Follow my pace and we should blend in with the pairs of guards as we ascend the stairs. That’s it, stay close so they can’t see my empty sleeve.
We mirror the movements of the guards, keeping as much distance from them as possible, moving slowly upward. Sooner or later we’ll have to pass them. Simply nod and avert your eyes as we do.
When the time comes, I can feel their gaze piercing through my armour, and there’s a phantom tingle in the limp sleeve of my chainmail where the golden arm once was.
We pass the first set of guards without a problem, despite the drumbeat of my racing heart. Sh…listen. You can hear the next pair of guards talking as we approach.
“…ordered to keep our eyes out for two escaped prisoners trying to climb the tower.”
The other guard laughs. “I’d like to see ‘em try. This is the most secure building in the kingdom. We see to that!”
“That may be so, but we must keep an eye out just the same. One of the men is missing an arm. The king said he would do whatever it takes to get up to the top.”

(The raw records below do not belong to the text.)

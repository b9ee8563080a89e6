-- ===== src/Entry.antt =====
-- entry.go: entry definitions, and how an entry is summed and put on the wire.
pub mod RoundTrip
use holochain.Base.{
  Bytes, ℕ, ◌%◌, ◌^◌, [], ◌∷◌, ◌++◌, Bool, true, false, ◌&&◌, Option, none, some, ◌==◌, length,
  codes,
}
use holochain.Base.Result.{Result, ok, err, ◌>>=◌, or_foreign}
use holochain.Platform.{Platform, Content}
use holochain.Hash.{Hash}
use holochain.Wire.{Reader, read_bytes, read_uint, put_uint}

abbrev pub sys_entry_type_prefix : Bytes
sys_entry_type_prefix = codes "%"

abbrev pub virtual_entry_type_prefix : Bytes
virtual_entry_type_prefix = codes "%%"

abbrev pub dna_entry_type : Bytes
dna_entry_type = codes "%dna"

abbrev pub agent_entry_type : Bytes
agent_entry_type = codes "%agent"

abbrev pub key_entry_type : Bytes
key_entry_type = codes "%%key"

abbrev pub data_format_links : Bytes
data_format_links = codes "links"

abbrev pub data_format_json : Bytes
data_format_json = codes "json"

abbrev pub public : Bytes
public = codes "public"

abbrev pub private : Bytes
private = codes "private"

-- An entry definition; schemas and validators are a library's.
pub record EntryDef : Type 0 where
  pub name : Bytes
  pub data_format : Bytes
  pub sharing : Bytes

abbrev pub dna_entry_def : EntryDef
dna_entry_def = record { name = dna_entry_type; data_format = codes "_DNA"; sharing = [] }

abbrev pub agent_entry_def : EntryDef
agent_entry_def = record { name = agent_entry_type; data_format = codes "_agent"; sharing = [] }

abbrev pub key_entry_def : EntryDef
key_entry_def = record { name = key_entry_type; data_format = codes "_key"; sharing = [] }

-- `strings.HasPrefix`.
unfoldable pub has_prefix : Bytes → Bytes → Bool
has_prefix s [] = true
has_prefix [] (p ∷ ps) = false
has_prefix (c ∷ s) (p ∷ ps) = c == p && has_prefix s ps

unfoldable pub is_sys_entry : EntryDef → Bool
unfolding has_prefix
is_sys_entry def = has_prefix def.name sys_entry_type_prefix

unfoldable pub is_virtual_entry : EntryDef → Bool
unfolding has_prefix
is_virtual_entry def = has_prefix def.name virtual_entry_type_prefix

-- `MarshalEntry` overwrites the error of `e.Marshal()`: what gob cannot encode is written as nothing.
abbrev pub bytes_or_nil : Option Bytes → Bytes
bytes_or_nil none = []
bytes_or_nil (some b) = b

module _ (p : Platform) where
  unfoldable pub marshal_entry : Content → Bytes
  marshal_entry c = let b = bytes_or_nil (p.encode c) in put_uint 8 (length b % 256 ^ 8) ++ b

  unfoldable pub unmarshal_entry : Reader Content
  unmarshal_entry r = do
    (l, r1) ← read_uint 8 r
    (b, r2) ← read_bytes l r1
    c ← or_foreign (p.decode b)
    ok (c, r2)

  -- `GobEntry.Sum`.
  unfoldable pub entry_sum : Content → Result Hash
  entry_sum c = do m ← or_foreign (p.encode c); or_foreign (p.sum m)
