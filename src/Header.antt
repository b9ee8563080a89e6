-- ===== src/Header.antt =====
-- header.go: chain headers, their wire form and their hash. A time is its 15 bytes of
-- `time.MarshalBinary`, a signature its bytes.
pub mod RoundTrip
use holochain.Base.{length, ◌%◌, Bytes, [], ◌∷◌, ◌++◌, Option, none, some}
use holochain.Base.Result.{Result, ok, err, ◌>>=◌, or_foreign}
use holochain.Platform.{Platform, Content}
use holochain.Hash.{Hash, null_hash, marshal_hash, unmarshal_hash}
use holochain.Wire.{Reader, read_bytes, read_uint, put_uint, write_str, read_str}
use holochain.Entry.{entry_sum}

pub record StatusChange : Type 0 where
  pub action : Bytes
  pub hash : Hash

pub record Header : Type 0 where
  pub type : Bytes
  pub time : Bytes
  pub header_link : Hash
  pub entry_link : Hash
  pub type_link : Hash
  pub sig : Bytes
  pub change : StatusChange

-- `MarshalHeader`; the last eight bytes are kept for later use.
unfoldable pub marshal_header : Header → Result Bytes
marshal_header hd = do
  hl ← marshal_hash hd.header_link
  el ← marshal_hash hd.entry_link
  tl ← marshal_hash hd.type_link
  ch ← marshal_hash hd.change.hash
  ok (
      write_str hd.type
      ++ (hd.time
          ++ (hl
              ++ (el
                  ++ (tl
                      ++ (write_str hd.sig
                          ++ (write_str hd.change.action ++ (ch ++ put_uint 8 0))))))))

-- The time is kept as its 15 bytes: the code ignores the error of `Time.UnmarshalBinary` on bytes that
-- are no time.
unfoldable pub unmarshal_header : Reader Header
unmarshal_header r = do
  (type, r1) ← read_str r
  (time, r2) ← read_bytes 15 r1
  (header_link, r3) ← unmarshal_hash r2
  (entry_link, r4) ← unmarshal_hash r3
  (type_link, r5) ← unmarshal_hash r4
  (sig, r6) ← read_str r5
  (action, r7) ← read_str r6
  (change_hash, r8) ← unmarshal_hash r7
  (z, r9) ← read_uint 8 r8
  ok (
    record {
      type = type;
      time = time;
      header_link = header_link;
      entry_link = entry_link;
      type_link = type_link;
      sig = sig;
      change = record { action = action; hash = change_hash };
    },
    r9,
  )

-- The change of a header that records none.
abbrev pub change_or_none : Option StatusChange → StatusChange
change_or_none none = record { action = []; hash = null_hash }
change_or_none (some change) = change

module _ (p : Platform) where
  -- `Header.Sum`.
  unfoldable pub header_sum : Header → Result Hash
  header_sum hd = do b ← marshal_header hd; or_foreign (p.sum b)

  unfoldable pub new_header :
      Bytes → Bytes → Content → Hash → Hash → Option StatusChange → Result (Hash × Header)
  new_header now t entry prev prev_type change = do
    entry_link ← entry_sum p entry
    sig ← or_foreign (p.sign entry_link)
    let hd : Header = record {
      type = t;
      time = now;
      header_link = prev;
      entry_link = entry_link;
      type_link = prev_type;
      sig = sig;
      change = change_or_none change;
    }
    hash ← header_sum hd
    ok (hash, hd)

pub record Signature : Type 0 where
  pub s : Bytes

-- `MarshalSignature` and `UnmarshalSignature`: like a string, under a length byte.
unfoldable pub marshal_signature : Signature → Bytes
marshal_signature sig = put_uint 1 (length sig.s % 256) ++ sig.s

unfoldable pub unmarshal_signature : Reader Signature
unmarshal_signature r = do
  (l, r1) ← read_uint 1 r
  (b, r2) ← read_bytes l r1
  ok (record { s = b }, r2)
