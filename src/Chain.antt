-- ===== src/Chain.antt =====
-- chain.go: the in-memory chain, its stream, and its operations. `Hmap` and `Emap` are keyed by the
-- text of a hash. The locks are not modelled: each operation is one step. Every entry is a
-- `GobEntry`, given by its content.
pub mod Linked
pub mod Prepare
pub mod AddEntry
pub mod Validation
pub mod Lookup
pub mod Transfer
use holochain.Base.{
  Bytes, ℕ, zero, suc, ◌+◌, ◌-◌, [], ◌∷◌, ◌++◌, List, Bool, true, false, not, ◌&&◌, ◌||◌, Option,
  none, some, ltb, ◌==◌, if◌then◌else◌, length, get_elem?, bytes_equal,
}
use holochain.Base.Map.{Map, lookup, insert}
use holochain.Base.Result.{
  Result, ok, err, panic, hash_not_found, incomplete_chain, index_mismatch, header_mismatch,
  entry_mismatch, ◌>>=◌, ◌>>◌, or_foreign, or_panic, or_err, guard,
}
use holochain.Platform.{Platform, Content}
use holochain.Hash.{Hash, null_hash, equal, hash_string}
use holochain.Entry.{marshal_entry}
use holochain.Header.{Header, StatusChange, marshal_header, header_sum, new_header}

-- `stream` is the file that new entries are appended to, if there is one.
pub record Chain : Type 0 where
  pub hashes : List Hash
  pub headers : List Header
  pub entries : List Content
  pub type_tops : Map ℕ
  pub hmap : Map ℕ
  pub emap : Map ℕ
  pub stream : Option Bytes

abbrev pub new_chain : Chain
new_chain = record {
  hashes = [];
  headers = [];
  entries = [];
  type_tops = [];
  hmap = [];
  emap = [];
  stream = none;
}

-- `Nth`: the nth latest header, nil past the first.
unfoldable pub nth : ℕ → Chain → Result (Option Header)
nth n c =
    let l = length c.headers in
    if ltb 0 (l - n)
    then (do hd ← or_panic (get_elem? c.headers (l - n - 1)); ok (some hd))
    else ok none

unfoldable pub top : Chain → Result (Option Header)
unfolding nth
top c = nth 0 c

unfoldable pub top_type : Bytes → Chain → Result (Option (Hash × Header))
top_type entry_type c = elim (lookup entry_type c.type_tops) [
  | none ↦ ok none
  | some i ↦ (do
    header ← or_panic (get_elem? c.headers i)
    hash ← or_panic (get_elem? c.hashes i)
    ok (some (hash, header)))
]

-- The hash that the next header links to.
unfoldable pub previous_hash : List Hash → Result Hash
previous_hash [] = ok null_hash
previous_hash (h ∷ hs) = or_panic (get_elem? (h ∷ hs) (length (h ∷ hs) - 1))

unfoldable pub previous_of_type : Bytes → Chain → Result Hash
previous_of_type entry_type c = elim (lookup entry_type c.type_tops) [
  | none ↦ ok null_hash
  | some i ↦ or_panic (get_elem? c.hashes i)
]

-- `writePair`: the bytes that it writes; a nil part is left out.
unfoldable pub write_header : Option Header → Result Bytes
write_header none = ok []
write_header (some hd) = marshal_header hd

-- `contains` and `filterPass`.
unfoldable pub contains : List Bytes → Bytes → Bool
contains [] e = false
contains (a ∷ s) e = if bytes_equal a e then true else contains s e

abbrev pub is_empty : List Bytes → Bool
is_empty [] = true
is_empty (a ∷ s) = false

unfoldable pub filter_pass : Header → List Bytes → List Bytes → Bool
unfolding contains
filter_pass header whitelist blacklist =
    let pass = (if is_empty whitelist then true else contains whitelist header.type) in
    if is_empty blacklist then pass else pass && not (contains blacklist header.type)

-- The link that `Validate` compares with the hash of header `i`.
unfoldable pub next_link : Chain → ℕ → Result Hash
next_link c i =
    if ltb (i + 2) (length c.headers)
    then (do hd ← or_panic (get_elem? c.headers (i + 1)); ok hd.header_link)
    else or_panic (get_elem? c.hashes i)

module _ (p : Platform) where
  abbrev pub key : Hash → Bytes
  key h = hash_string p.b58 h

  abbrev pub entry_part : Option Content → Bytes
  entry_part none = []
  entry_part (some e) = marshal_entry p e

  unfoldable pub write_pair : Option Header → Option Content → Result Bytes
  unfolding write_header
  write_pair header entry = do b ← write_header header; ok (b ++ entry_part entry)

  unfoldable pub prepare_header :
      Bytes → Bytes → Content → Option StatusChange → Chain → Result (ℕ × Hash × Header)
  prepare_header now entry_type e change c = do
    ph ← previous_hash c.hashes
    pth ← previous_of_type entry_type c
    (hash, header) ← new_header p now entry_type e ph pth change
    ok (length c.hashes, hash, header)

  -- What `addEntry` does to memory before it writes.
  abbrev pub appended : ℕ → Hash → Header → Content → Chain → Chain
  appended i hash header e c = record c {
    hashes = c.hashes ++ hash ∷ [];
    headers = c.headers ++ header ∷ [];
    entries = c.entries ++ e ∷ [];
    type_tops = insert header.type i c.type_tops;
    emap = insert (key header.entry_link) i c.emap;
    hmap = insert (key hash) i c.hmap;
  }

  abbrev pub written : Bytes → Chain → Result Bytes → Result (Unit {0}) × Chain
  written s c (ok b) = (ok tt, record c { stream = some (s ++ b) })
  written s c (err x) = (err x, c)
  written s c panic = (panic, c)

  -- The write to the stream; a failed one leaves the chain in memory extended.
  abbrev pub persist : Header → Content → Chain → Option Bytes → Result (Unit {0}) × Chain
  persist header e c none = (ok tt, c)
  persist header e c (some s) = written s c (write_pair (some header) (some e))

  unfoldable pub add_entry_at : ℕ → Hash → Header → Content → Chain → Result (Unit {0}) × Chain
  add_entry_at i hash header e c =
      if not (length c.hashes == i)
      then (err index_mismatch, c)
      else if not (length c.hashes == length c.entries)
      then (err incomplete_chain, c)
      else persist header e (appended i hash header e c) c.stream

  -- `AddEntry`.
  abbrev pub add_prepared : Content → Chain → Result (ℕ × Hash × Header) → Result Hash × Chain
  add_prepared e c (ok (i, hash, header)) =
      let (r, c') = add_entry_at i hash header e c in ((do r; ok hash), c')
  add_prepared e c (err x) = (err x, c)
  add_prepared e c panic = (panic, c)

  unfoldable pub add_entry : Bytes → Bytes → Content → Chain → Result Hash × Chain
  unfolding prepare_header add_entry_at previous_hash previous_of_type
  add_entry now entry_type e c = add_prepared e c (prepare_header now entry_type e none c)

  unfoldable pub get : Hash → Chain → Result Header
  get h c = do i ← or_err (lookup (key h) c.hmap) hash_not_found; or_panic (get_elem? c.headers i)

  unfoldable pub get_entry : Hash → Chain → Result (Content × Bytes)
  get_entry h c = do
    i ← or_err (lookup (key h) c.emap) hash_not_found
    entry ← or_panic (get_elem? c.entries i)
    header ← or_panic (get_elem? c.headers i)
    ok (entry, header.type)

  unfoldable pub get_entry_header : Hash → Chain → Result Header
  get_entry_header h c = do
    i ← or_err (lookup (key h) c.emap) hash_not_found
    or_panic (get_elem? c.headers i)

  unfoldable pub check_entry : Header → ℕ → Chain → Result (Unit {0})
  check_entry hd i c = do
    e ← or_panic (get_elem? c.entries i)
    b ← or_foreign (p.encode e)
    hash ← or_foreign (p.sum b)
    guard (bytes_equal hash hd.entry_link) (entry_mismatch i)

  unfoldable pub check_link : Bool → ℕ → Chain → Result (Unit {0})
  check_link skip_entries i c = do
    hd ← or_panic (get_elem? c.headers i)
    hash ← header_sum p hd
    nexth ← next_link c i
    guard (equal hash nexth) (header_mismatch i)
    if skip_entries then ok tt else check_entry hd i c

  -- The loop of `Validate`, with `rounds` headers left from `i` on.
  unfoldable pub validate_from : Bool → ℕ → ℕ → Chain → Result (Unit {0})
  validate_from skip_entries zero i c = ok tt
  validate_from skip_entries (suc rounds) i c =
      check_link skip_entries i c >>= λ _. validate_from skip_entries rounds (i + 1) c

  unfoldable pub validate : Bool → Chain → Result (Unit {0})
  unfolding validate_from check_link next_link check_entry
  validate skip_entries c = validate_from skip_entries (length c.headers) 0 c

-- `Walk`: the visitor's state and result are threaded from the latest entry to the first.
module _ {S : Type 0} (fn : S → Hash → Header → Content → Result S) where
  unfoldable pub walk_from : ℕ → S → Chain → Result S
  walk_from zero s c = ok s
  walk_from (suc i) s c = do
    hash ← or_panic (get_elem? c.hashes i)
    header ← or_panic (get_elem? c.headers i)
    entry ← or_panic (get_elem? c.entries i)
    s' ← fn s hash header entry
    walk_from i s' c

  unfoldable pub walk : S → Chain → Result S
  unfolding walk_from
  walk s c = walk_from (length c.headers) s c

unfoldable pub chain_length : Chain → ℕ
chain_length c = length c.headers
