-- ===== src/Kad/Bucket.antt =====
-- kad_bucket.go: a bucket is a `container/list` of peers, here the list of their ids, front first.
-- Each method holds the bucket's lock from start to end, so it is one step.
pub mod Front
pub mod Members
use holochain.Base.{
  Bytes, ℕ, zero, suc, ◌+◌, ◌*◌, List, [], ◌∷◌, ◌++◌, Bool, true, false, ◌||◌, Option, none, some,
  ltb, if◌then◌else◌, length, bytes_equal,
}
use holochain.Base.Result.{Result, ok, err, panic, out_of_fuel, ◌>>=◌}
use holochain.Hash.{xor, zero_prefix_len}

abbrev pub PeerId : Type 0
PeerId = Bytes

abbrev pub Bucket : Type 0
Bucket = List PeerId

unfoldable pub has : PeerId → Bucket → Bool
has id [] = false
has id (e ∷ b) = if bytes_equal e id then true else has id b

-- A removed element has no `Next`, so the loop ends with the first hit.
unfoldable pub remove : PeerId → Bucket → Bucket
remove id [] = []
remove id (e ∷ b) = if bytes_equal e id then b else e ∷ remove id b

-- The loop of `MoveToFront` at the elements `rest`, behind `before`. An element that was moved has
-- the old front as its `Next`, so the loop starts over behind it.
unfoldable pub front_loop : ℕ → PeerId → Bucket → Bucket → Result Bucket
front_loop zero id before rest = err out_of_fuel
front_loop (suc fuel) id before [] = ok before
front_loop (suc fuel) id before (e ∷ rest) = elim (bytes_equal e id) [
  | true ↦ front_loop fuel id (e ∷ []) (before ++ rest)
  | false ↦ front_loop fuel id (before ++ e ∷ []) rest
]

unfoldable pub move_to_front : PeerId → Bucket → Result Bucket
unfolding front_loop
move_to_front id b = front_loop (2 * length b + 1) id [] b

unfoldable pub push_front : PeerId → Bucket → Bucket
push_front p b = p ∷ b

-- `PopBack` panics on an empty list; else the last element and the others.
unfoldable pub pop_back : Bucket → Result (PeerId × Bucket)
pop_back [] = panic
pop_back (p ∷ []) = ok (p, [])
pop_back (p ∷ q ∷ b) = do (last, rest) ← pop_back (q ∷ b); ok (last, p ∷ rest)

unfoldable pub common_prefix_len : PeerId → PeerId → Result ℕ
common_prefix_len a b = do x ← xor a b; ok (zero_prefix_len x)

-- `Split`: the peers that stay, and those with a longer prefix, which make the new bucket.
unfoldable pub split : ℕ → PeerId → Bucket → Result (Bucket × Bucket)
split cpl target [] = ok ([], [])
split cpl target (p ∷ b) = do
  peer_cpl ← common_prefix_len p target
  (kept, moved) ← split cpl target b
  ok (if ltb cpl peer_cpl then (kept, p ∷ moved) else (p ∷ kept, moved))
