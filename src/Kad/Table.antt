-- ===== src/Kad/Table.antt =====
-- kad_table.go: the routing table. The latency of a peer is the metrics library's, an argument; the
-- two callbacks are a log of events. The table's lock makes each method one step.
pub mod Homes
pub mod Split
pub mod NextBucket
pub mod Own
pub mod Update
use holochain.Base.{
  Bytes, ℕ, zero, suc, ◌+◌, ◌-◌, ◌*◌, List, [], ◌∷◌, ◌++◌, Bool, true, false, Option, none, some,
  ltb, leb, ◌==◌, if◌then◌else◌, length, get_elem?, set, take, bytes_equal,
}
use holochain.Base.Result.{Result, ok, err, panic, out_of_fuel, ◌>>=◌, or_panic}
use holochain.Hash.{Hash, hash_xor_distance}
use holochain.Kad.Bucket.{
  PeerId, Bucket, has, remove, move_to_front, push_front, pop_back, common_prefix_len, split,
}

pub data Event : Type 0 where
  peer_added peer_removed : PeerId → Event

pub record Table : Type 0 where
  pub local : PeerId
  pub max_latency : ℕ
  pub buckets : List Bucket
  pub bucketsize : ℕ
  pub events : List Event

-- `NewRoutingTable`: one empty bucket.
unfoldable pub new_routing_table : ℕ → PeerId → ℕ → Table
new_routing_table bucketsize local latency = record {
  local = local;
  max_latency = latency;
  buckets = [] ∷ [];
  bucketsize = bucketsize;
  events = [];
}

-- The bucket of a prefix length: the last one where the table has no bucket that far.
unfoldable pub bucket_id : ℕ → ℕ → ℕ
bucket_id buckets cpl = if leb buckets cpl then buckets - 1 else cpl

abbrev pub put_bucket : ℕ → Bucket → Table → Table
put_bucket i b rt = record rt { buckets = set rt.buckets i b }

abbrev pub notify : Event → Table → Table
notify e rt = record rt { events = rt.events ++ e ∷ [] }

-- The end of `nextBucket`, with the halves of the last bucket: `again` is the recursive call.
unfoldable pub after_split :
    (Table → Result (PeerId × Table)) → ℕ → Table → Bucket × Bucket → Result (PeerId × Table)
after_split again last rt (kept, moved) =
    let rt' : Table = record rt { buckets = set rt.buckets last kept ++ moved ∷ [] } in
    elim (ltb rt.bucketsize (length moved)) [
      | true ↦ again rt'
      | false ↦
          if ltb rt.bucketsize (length kept)
          then (do (p, rest) ← pop_back kept; ok (p, put_bucket last rest rt'))
          else ok ([], rt')
    ]

-- `nextBucket`: splits the last bucket, and again while the new one is too large.
unfoldable pub next_bucket : ℕ → Table → Result (PeerId × Table)
unfolding after_split
next_bucket zero rt = err out_of_fuel
next_bucket (suc fuel) rt =
    let last = length rt.buckets - 1 in
    or_panic (get_elem? rt.buckets last) >>= λ bucket.
    split last rt.local bucket >>= after_split (next_bucket fuel) last rt

-- More splits than there are bits in an id are never made.
abbrev pub split_fuel : Table → ℕ
split_fuel rt = 8 * length rt.local + 1

-- The end of `Update`, once a new peer stands at the front of bucket `i`.
unfoldable pub shrink : ℕ → Bucket → Table → Result Table
shrink i b rt =
    if ltb rt.bucketsize (length b)
    then if i == length rt.buckets - 1
      then (do (p, rt') ← next_bucket (split_fuel rt) rt; ok (notify (peer_removed p) rt'))
      else (do (p, rest) ← pop_back b; ok (notify (peer_removed p) (put_bucket i rest rt)))
    else ok rt

unfoldable pub update : (PeerId → ℕ) → PeerId → Table → Result Table
unfolding bucket_id has move_to_front push_front shrink
update latency p rt = do
  cpl ← common_prefix_len p rt.local
  let i = bucket_id (length rt.buckets) cpl
  bucket ← or_panic (get_elem? rt.buckets i)
  if has p bucket
      then (do moved ← move_to_front p bucket; ok (put_bucket i moved rt))
      else if ltb rt.max_latency (latency p)
      then ok rt
      else shrink i (push_front p bucket)
          (notify (peer_added p) (put_bucket i (push_front p bucket) rt))

unfoldable pub remove_peer : PeerId → Table → Result Table
unfolding bucket_id remove
remove_peer p rt = do
  cpl ← common_prefix_len p rt.local
  let i = bucket_id (length rt.buckets) cpl
  bucket ← or_panic (get_elem? rt.buckets i)
  ok (notify (peer_removed p) (put_bucket i (remove p bucket) rt))

unfoldable pub list_peers : List Bucket → List PeerId
list_peers [] = []
list_peers (b ∷ bs) = b ++ list_peers bs

unfoldable pub size : List Bucket → ℕ
size [] = 0
size (b ∷ bs) = length b + size bs

unfoldable pub is_empty : List Bucket → Bool
is_empty [] = true
is_empty (b ∷ bs) = if ltb 0 (length b) then false else is_empty bs

-- `copyPeersFromList`: the peers with their distances to the target.
unfoldable pub copy_peers : PeerId → List (PeerId × ℕ) → Bucket → Result (List (PeerId × ℕ))
copy_peers target arr [] = ok arr
copy_peers target arr (p ∷ b) = do
  d ← hash_xor_distance p target
  copy_peers target (arr ++ (p, d) ∷ []) b

-- `sort.Sort` by distance: an insertion sort. Equal distances are equal hashes, so the algorithm
-- does not show.
unfoldable pub insert_by_distance : PeerId × ℕ → List (PeerId × ℕ) → List (PeerId × ℕ)
insert_by_distance (p, d) [] = (p, d) ∷ []
insert_by_distance (p, d) ((q, k) ∷ arr) =
    if ltb k d then (q, k) ∷ insert_by_distance (p, d) arr else (p, d) ∷ (q, k) ∷ arr

unfoldable pub sort_by_distance : List (PeerId × ℕ) → List (PeerId × ℕ)
unfolding insert_by_distance
sort_by_distance [] = []
sort_by_distance (x ∷ arr) = insert_by_distance x (sort_by_distance arr)

abbrev pub peers_of : List (PeerId × ℕ) → List PeerId
peers_of [] = []
peers_of ((p, d) ∷ arr) = p ∷ peers_of arr

-- The neighbours of a bucket that is short of peers.
unfoldable pub add_neighbour :
    Bool → PeerId → ℕ → Table → List (PeerId × ℕ) → Result (List (PeerId × ℕ))
add_neighbour false id i rt arr = ok arr
add_neighbour true id i rt arr = do b ← or_panic (get_elem? rt.buckets i); copy_peers id arr b

unfoldable pub nearest_peers : Hash → ℕ → Table → Result (List PeerId)
unfolding bucket_id add_neighbour copy_peers sort_by_distance
nearest_peers hash count rt = do
  cpl ← common_prefix_len hash rt.local
  let i = bucket_id (length rt.buckets) cpl
  bucket ← or_panic (get_elem? rt.buckets i)
  arr ← copy_peers hash [] bucket
  let short = ltb (length arr) count
  arr1 ← add_neighbour (if short then ltb 0 i else false) hash (i - 1) rt arr
  arr2 ← add_neighbour (if short then ltb i (length rt.buckets - 1) else false) hash (i + 1) rt arr1
  ok (take count (peers_of (sort_by_distance arr2)))

-- `Find`: the empty id stands for nil.
unfoldable pub find : PeerId → Table → Result PeerId
unfolding nearest_peers
find id rt = do
  srch ← nearest_peers id 1 rt
  ok (elim srch [ [] ↦ [] | p ∷ ps ↦ if bytes_equal p id then p else [] ])

unfoldable pub nearest_peer : Hash → Table → Result PeerId
unfolding nearest_peers
nearest_peer hash rt = do peers ← nearest_peers hash 1 rt; ok (elim peers [ [] ↦ [] | p ∷ ps ↦ p ])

We’re too close now to turn around. Just keep walking. I become increasingly conscious of my limp sleeve and try to hide it from sight. It’s a close call, but we pass the guards and continue our ascent.
Look ahead, there’s a platform tied to the pulley system. A golden rope-car rests on the platform ahead, just out of reach. Six guards are aboard. If only we can make it to the car we can ride up with them.
“Hey,” one of the guards behind us shouts.
“Hey!” the guard shouts again, and lays a hand on my shoulder. I am about to run when he asks, “did you hear the orders? There’s a prisoner on the loose.”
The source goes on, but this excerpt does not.